> REQUIREMENT
Taking the entries below from the top, restate each line exactly and end with the line containing "address_in c.module_factory (reader.call module_address".

> INFORMATION GIVEN
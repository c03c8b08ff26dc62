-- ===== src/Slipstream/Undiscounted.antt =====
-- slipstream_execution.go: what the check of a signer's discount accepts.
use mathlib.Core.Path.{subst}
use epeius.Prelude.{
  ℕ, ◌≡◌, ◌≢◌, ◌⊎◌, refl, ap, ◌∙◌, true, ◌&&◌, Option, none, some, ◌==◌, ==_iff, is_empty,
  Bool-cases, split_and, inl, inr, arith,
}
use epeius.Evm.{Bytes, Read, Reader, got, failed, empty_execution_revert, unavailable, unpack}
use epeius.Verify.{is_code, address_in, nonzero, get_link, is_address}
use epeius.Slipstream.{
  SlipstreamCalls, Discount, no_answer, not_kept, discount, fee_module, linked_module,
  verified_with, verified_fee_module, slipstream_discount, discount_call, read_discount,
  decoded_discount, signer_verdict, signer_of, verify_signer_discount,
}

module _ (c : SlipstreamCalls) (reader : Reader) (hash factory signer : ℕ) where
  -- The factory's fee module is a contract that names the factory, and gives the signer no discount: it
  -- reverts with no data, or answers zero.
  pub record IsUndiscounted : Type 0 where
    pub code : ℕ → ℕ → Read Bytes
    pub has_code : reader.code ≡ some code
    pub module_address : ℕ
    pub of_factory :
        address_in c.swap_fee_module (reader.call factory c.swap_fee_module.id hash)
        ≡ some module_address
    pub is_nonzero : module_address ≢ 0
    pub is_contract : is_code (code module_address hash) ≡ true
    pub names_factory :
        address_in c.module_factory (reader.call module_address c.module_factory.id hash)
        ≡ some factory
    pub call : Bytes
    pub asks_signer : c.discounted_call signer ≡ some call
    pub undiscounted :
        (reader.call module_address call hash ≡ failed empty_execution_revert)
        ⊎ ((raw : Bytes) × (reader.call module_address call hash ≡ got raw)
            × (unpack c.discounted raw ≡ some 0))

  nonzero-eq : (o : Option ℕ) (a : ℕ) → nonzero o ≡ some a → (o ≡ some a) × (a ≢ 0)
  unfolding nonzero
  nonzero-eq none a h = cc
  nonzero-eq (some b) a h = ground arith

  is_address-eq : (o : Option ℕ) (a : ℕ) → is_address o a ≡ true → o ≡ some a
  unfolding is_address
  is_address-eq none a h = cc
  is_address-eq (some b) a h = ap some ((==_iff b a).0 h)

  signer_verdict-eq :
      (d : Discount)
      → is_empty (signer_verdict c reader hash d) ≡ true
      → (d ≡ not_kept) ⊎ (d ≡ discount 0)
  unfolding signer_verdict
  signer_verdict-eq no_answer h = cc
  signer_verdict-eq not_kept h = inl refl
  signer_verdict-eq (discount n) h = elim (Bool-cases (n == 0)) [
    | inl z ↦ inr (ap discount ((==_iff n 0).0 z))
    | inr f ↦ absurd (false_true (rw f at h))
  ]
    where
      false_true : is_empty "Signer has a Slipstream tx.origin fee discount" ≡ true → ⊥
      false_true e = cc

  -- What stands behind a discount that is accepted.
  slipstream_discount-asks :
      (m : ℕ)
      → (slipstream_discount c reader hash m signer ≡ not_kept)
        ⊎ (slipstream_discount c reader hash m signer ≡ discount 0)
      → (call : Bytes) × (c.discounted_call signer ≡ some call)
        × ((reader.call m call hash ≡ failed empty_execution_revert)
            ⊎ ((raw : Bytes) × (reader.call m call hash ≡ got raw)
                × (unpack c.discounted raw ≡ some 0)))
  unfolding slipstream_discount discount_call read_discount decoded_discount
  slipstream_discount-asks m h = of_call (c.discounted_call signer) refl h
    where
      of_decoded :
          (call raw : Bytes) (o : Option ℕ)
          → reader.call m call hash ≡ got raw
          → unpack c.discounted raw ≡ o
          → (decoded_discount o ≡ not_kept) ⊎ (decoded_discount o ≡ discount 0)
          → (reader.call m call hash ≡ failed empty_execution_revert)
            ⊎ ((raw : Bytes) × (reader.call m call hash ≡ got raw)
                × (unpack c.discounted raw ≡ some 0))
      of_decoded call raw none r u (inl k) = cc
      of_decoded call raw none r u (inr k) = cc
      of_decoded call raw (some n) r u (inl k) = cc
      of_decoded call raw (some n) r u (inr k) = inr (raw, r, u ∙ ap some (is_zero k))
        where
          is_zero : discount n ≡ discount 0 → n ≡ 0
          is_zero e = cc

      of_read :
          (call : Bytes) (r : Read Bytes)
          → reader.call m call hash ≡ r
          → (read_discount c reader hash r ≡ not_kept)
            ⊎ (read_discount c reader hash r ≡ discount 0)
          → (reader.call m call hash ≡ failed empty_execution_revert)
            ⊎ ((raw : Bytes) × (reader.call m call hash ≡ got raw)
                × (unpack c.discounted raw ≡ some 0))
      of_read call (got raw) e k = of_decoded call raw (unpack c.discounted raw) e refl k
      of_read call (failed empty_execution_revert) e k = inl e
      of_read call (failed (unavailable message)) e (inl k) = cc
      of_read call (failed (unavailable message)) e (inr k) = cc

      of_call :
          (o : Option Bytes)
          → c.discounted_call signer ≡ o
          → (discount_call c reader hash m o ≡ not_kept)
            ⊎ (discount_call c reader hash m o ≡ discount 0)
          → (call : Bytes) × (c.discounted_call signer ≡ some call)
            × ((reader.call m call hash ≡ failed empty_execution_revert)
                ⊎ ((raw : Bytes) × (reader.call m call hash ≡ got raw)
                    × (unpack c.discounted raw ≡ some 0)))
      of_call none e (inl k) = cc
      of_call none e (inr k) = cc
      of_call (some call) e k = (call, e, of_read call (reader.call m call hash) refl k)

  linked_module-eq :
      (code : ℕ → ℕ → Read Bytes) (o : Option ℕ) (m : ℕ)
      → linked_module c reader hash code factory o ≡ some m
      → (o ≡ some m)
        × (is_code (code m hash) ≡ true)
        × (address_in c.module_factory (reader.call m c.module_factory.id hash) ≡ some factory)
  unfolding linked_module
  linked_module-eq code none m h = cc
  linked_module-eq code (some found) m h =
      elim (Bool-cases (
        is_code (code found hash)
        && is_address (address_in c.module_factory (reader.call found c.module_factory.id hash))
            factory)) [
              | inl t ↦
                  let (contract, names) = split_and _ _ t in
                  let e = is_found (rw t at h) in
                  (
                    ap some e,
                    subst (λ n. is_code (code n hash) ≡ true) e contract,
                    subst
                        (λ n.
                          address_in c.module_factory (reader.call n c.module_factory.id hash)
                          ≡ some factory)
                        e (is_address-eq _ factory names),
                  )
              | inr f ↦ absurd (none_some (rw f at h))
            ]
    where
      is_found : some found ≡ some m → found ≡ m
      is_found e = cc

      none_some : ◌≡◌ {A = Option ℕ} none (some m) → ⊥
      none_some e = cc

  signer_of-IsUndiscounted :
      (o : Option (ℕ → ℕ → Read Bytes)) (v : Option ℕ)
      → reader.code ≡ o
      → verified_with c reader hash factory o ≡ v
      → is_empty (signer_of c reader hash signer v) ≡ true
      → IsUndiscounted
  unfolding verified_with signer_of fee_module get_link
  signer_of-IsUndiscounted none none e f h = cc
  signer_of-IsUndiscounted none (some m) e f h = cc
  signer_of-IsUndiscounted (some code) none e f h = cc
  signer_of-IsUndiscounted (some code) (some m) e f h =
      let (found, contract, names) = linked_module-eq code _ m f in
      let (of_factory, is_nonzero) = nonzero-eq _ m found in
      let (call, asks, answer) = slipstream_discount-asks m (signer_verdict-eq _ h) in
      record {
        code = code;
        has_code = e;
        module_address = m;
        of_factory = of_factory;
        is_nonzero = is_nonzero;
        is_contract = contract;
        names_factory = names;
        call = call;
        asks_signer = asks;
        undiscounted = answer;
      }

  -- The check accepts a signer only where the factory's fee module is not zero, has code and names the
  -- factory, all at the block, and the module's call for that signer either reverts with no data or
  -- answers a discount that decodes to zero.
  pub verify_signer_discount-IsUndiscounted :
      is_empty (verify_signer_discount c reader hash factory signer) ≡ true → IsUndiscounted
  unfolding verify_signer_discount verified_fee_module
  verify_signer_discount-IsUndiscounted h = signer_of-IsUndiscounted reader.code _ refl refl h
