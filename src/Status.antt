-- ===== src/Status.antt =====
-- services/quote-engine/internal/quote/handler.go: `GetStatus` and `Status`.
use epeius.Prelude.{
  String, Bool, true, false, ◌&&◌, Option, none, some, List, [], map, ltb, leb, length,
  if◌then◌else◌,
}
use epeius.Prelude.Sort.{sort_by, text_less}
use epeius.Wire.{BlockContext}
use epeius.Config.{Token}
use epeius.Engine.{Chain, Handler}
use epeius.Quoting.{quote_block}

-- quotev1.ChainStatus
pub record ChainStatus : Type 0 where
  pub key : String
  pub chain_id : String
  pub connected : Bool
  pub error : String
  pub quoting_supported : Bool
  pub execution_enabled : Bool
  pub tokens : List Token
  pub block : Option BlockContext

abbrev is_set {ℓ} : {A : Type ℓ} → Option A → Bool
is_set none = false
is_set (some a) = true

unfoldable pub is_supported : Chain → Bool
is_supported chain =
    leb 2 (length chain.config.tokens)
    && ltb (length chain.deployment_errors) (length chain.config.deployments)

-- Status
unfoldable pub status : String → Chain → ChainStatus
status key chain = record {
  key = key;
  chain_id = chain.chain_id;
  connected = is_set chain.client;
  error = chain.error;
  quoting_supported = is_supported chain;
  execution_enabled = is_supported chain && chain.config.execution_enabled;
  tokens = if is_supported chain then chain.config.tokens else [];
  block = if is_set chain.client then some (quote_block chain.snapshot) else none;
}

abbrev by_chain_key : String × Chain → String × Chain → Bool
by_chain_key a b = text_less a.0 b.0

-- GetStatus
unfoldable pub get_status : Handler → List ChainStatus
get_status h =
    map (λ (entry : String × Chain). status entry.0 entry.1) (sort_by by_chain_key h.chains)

> COMPLETED EXERCISE
repository c03c8b08ff26dc62
-- ===== src/Slipstream/Undiscounted.antt =====
-- slipstream_execution.go: what the check of a signer's discount accepts.
use mathlib.Core.Path.{subst}
use epeius.Prelude.{
  ℕ, ◌≡◌, ◌≢◌, ◌⊎◌, refl, ap, ◌∙◌, true, ◌&&◌, Option, none, some, ◌==◌, ==_iff, is_empty,
  Bool-cases, split_and, inl, inr, arith,
}
use epeius.Evm.{Bytes, Read, Reader, got, failed, empty_execution_revert, unavailable, unpack}
use epeius.Verify.{is_code, address_in, nonzero, get_link, is_address}
use epeius.Slipstream.{
  SlipstreamCalls, Discount, no_answer, not_kept, discount, fee_module, linked_module,
  verified_with, verified_fee_module, slipstream_discount, discount_call, read_discount,
  decoded_discount, signer_verdict, signer_of, verify_signer_discount,
}

module _ (c : SlipstreamCalls) (reader : Reader) (hash factory signer : ℕ) where
  -- The factory's fee module is a contract that names the factory, and gives the signer no discount: it
  -- reverts with no data, or answers zero.
  pub record IsUndiscounted : Type 0 where
    pub code : ℕ → ℕ → Read Bytes
    pub has_code : reader.code ≡ some code
    pub module_address : ℕ
    pub of_factory :
        address_in c.swap_fee_module (reader.call factory c.swap_fee_module.id hash)
        ≡ some module_address
    pub is_nonzero : module_address ≢ 0
    pub is_contract : is_code (code module_address hash) ≡ true
    pub names_factory :
        address_in c.module_factory (reader.call module_address c.module_factory.id hash)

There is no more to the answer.